Extracted data entries »
--------

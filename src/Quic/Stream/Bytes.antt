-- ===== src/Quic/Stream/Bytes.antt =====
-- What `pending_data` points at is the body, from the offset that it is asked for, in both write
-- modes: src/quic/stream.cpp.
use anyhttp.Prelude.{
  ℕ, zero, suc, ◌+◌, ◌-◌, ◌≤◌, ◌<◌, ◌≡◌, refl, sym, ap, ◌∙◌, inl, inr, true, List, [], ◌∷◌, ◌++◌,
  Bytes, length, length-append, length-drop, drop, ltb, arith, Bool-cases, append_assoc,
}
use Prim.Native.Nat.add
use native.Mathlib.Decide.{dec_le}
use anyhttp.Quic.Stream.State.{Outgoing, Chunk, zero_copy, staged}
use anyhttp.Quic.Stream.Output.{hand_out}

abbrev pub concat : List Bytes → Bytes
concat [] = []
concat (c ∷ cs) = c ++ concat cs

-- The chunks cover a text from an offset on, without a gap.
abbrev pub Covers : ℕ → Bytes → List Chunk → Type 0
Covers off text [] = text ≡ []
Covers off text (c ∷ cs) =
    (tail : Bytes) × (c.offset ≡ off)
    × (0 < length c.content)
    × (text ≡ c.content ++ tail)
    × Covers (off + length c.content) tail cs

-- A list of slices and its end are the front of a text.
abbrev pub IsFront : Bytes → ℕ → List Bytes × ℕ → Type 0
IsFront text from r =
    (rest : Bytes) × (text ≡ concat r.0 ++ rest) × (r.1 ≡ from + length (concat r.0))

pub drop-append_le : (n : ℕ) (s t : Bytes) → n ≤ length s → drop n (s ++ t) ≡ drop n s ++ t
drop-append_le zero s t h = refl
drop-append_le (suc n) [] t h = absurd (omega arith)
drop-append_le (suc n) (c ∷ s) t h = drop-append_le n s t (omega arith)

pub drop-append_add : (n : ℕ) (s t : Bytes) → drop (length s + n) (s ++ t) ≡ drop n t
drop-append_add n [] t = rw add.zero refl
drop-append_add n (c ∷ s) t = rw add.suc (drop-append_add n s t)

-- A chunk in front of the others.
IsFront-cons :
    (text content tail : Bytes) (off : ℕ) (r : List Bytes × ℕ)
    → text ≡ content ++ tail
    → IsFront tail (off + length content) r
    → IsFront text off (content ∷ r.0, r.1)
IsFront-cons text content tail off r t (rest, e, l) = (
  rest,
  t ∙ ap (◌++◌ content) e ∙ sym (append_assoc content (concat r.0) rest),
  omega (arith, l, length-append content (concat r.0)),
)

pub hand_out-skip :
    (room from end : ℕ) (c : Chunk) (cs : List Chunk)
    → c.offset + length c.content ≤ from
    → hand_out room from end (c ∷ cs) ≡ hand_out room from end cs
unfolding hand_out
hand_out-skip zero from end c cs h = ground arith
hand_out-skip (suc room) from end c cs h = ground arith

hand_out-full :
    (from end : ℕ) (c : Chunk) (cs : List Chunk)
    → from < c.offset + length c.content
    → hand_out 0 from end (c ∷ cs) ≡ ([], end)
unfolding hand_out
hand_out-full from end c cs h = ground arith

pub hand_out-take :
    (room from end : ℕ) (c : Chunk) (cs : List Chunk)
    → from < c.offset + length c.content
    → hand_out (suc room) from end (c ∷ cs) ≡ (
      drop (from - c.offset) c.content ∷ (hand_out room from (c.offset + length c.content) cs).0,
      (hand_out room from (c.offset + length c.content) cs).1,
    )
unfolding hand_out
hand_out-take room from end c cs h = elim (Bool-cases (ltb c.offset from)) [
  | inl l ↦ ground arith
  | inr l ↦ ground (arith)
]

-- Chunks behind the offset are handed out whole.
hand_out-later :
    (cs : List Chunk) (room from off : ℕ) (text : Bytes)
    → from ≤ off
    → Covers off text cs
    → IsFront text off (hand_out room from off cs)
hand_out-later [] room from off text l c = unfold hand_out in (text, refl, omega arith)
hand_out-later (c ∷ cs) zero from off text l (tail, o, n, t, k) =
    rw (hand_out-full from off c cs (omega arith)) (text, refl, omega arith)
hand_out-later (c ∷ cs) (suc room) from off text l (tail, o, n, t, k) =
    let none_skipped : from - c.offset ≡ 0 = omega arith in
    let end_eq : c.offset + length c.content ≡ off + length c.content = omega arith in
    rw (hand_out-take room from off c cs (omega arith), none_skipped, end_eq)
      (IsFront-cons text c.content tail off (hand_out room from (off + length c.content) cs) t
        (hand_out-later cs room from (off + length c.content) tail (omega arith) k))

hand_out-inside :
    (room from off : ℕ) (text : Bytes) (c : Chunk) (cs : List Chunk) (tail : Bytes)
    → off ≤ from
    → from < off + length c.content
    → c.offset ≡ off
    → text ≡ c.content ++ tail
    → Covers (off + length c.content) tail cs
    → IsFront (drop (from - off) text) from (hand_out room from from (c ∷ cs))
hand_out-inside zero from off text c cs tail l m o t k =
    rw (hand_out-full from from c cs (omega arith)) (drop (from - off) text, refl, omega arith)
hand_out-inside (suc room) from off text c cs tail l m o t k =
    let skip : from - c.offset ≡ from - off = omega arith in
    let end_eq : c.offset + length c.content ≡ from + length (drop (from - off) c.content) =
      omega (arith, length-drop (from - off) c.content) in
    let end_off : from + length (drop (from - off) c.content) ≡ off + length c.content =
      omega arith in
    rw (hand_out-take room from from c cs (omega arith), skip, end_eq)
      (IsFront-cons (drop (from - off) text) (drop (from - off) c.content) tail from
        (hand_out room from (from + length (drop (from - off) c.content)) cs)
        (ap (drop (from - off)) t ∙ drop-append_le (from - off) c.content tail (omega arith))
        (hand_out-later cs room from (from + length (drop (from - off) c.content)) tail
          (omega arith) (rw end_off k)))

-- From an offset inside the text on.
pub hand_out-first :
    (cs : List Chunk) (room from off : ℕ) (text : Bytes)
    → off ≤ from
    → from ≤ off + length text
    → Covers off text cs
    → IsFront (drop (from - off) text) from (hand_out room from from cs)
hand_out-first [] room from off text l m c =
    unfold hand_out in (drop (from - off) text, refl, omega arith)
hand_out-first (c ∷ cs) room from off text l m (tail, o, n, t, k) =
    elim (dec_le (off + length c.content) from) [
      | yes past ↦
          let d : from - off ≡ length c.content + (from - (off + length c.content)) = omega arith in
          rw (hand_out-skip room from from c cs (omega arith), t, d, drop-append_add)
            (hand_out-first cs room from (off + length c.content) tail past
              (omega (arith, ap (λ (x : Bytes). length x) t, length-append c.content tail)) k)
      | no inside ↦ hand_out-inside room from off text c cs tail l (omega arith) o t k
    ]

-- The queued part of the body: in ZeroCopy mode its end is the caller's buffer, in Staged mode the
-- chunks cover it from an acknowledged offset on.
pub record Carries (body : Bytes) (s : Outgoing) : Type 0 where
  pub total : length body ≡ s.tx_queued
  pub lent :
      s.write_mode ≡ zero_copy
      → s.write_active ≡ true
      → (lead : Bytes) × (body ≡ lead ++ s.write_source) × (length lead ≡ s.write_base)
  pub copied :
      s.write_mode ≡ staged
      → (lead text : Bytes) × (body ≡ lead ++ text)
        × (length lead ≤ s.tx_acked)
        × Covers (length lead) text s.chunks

--------

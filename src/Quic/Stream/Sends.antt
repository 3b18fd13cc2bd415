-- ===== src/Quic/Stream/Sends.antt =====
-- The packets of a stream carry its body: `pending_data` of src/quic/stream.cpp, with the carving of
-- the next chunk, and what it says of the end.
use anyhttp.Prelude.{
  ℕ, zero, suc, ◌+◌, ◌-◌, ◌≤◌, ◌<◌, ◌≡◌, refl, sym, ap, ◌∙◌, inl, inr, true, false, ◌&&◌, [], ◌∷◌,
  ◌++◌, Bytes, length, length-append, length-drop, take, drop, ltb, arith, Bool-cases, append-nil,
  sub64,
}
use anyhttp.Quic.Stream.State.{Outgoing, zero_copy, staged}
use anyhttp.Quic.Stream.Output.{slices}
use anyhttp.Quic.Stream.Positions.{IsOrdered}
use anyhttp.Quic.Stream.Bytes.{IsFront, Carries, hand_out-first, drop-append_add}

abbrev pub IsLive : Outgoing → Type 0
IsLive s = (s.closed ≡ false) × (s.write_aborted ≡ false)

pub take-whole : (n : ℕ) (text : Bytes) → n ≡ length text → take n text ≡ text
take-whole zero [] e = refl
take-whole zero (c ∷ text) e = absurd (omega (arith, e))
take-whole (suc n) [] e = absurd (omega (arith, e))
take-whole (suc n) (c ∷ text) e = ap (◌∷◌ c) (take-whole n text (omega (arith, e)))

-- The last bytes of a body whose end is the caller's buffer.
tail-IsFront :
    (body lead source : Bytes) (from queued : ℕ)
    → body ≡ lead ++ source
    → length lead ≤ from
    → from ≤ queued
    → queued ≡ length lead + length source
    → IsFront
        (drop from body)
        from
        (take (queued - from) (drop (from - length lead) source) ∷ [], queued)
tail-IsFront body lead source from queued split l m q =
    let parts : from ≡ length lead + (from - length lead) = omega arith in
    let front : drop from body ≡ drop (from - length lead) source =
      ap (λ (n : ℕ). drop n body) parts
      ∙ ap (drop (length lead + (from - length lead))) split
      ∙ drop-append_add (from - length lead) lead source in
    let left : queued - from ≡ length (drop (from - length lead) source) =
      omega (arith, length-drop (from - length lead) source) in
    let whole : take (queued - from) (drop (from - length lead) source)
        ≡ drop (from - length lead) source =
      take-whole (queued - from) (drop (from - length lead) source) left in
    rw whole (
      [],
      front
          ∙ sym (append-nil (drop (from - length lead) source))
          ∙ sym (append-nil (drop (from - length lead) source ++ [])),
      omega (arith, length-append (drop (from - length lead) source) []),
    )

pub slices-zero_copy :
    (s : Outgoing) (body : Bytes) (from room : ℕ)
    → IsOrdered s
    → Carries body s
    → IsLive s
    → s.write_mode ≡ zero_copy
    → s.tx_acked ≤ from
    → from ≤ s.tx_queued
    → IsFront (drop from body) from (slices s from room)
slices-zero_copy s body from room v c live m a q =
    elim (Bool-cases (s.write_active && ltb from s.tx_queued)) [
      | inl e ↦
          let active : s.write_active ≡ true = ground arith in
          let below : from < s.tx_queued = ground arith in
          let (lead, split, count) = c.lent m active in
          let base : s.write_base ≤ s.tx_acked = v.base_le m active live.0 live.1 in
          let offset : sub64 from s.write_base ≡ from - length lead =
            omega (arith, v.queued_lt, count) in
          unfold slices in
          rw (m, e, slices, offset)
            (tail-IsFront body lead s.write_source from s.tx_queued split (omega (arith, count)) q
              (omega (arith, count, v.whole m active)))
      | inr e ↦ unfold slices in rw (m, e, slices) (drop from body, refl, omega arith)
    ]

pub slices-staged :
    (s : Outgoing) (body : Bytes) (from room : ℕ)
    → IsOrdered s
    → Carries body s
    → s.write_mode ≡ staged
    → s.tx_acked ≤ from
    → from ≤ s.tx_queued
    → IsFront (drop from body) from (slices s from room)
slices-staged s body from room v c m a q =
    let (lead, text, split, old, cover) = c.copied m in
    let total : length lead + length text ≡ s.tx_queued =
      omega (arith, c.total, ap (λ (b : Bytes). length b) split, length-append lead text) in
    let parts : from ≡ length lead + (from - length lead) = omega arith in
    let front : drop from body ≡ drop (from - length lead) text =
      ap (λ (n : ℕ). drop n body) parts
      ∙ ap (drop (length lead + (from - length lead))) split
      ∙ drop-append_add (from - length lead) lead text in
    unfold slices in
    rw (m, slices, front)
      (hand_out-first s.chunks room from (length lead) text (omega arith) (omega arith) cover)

--------

Work required » For the word "past", say how many lines of the data include it, with nothing else in the reply.

Answer to this problem » 2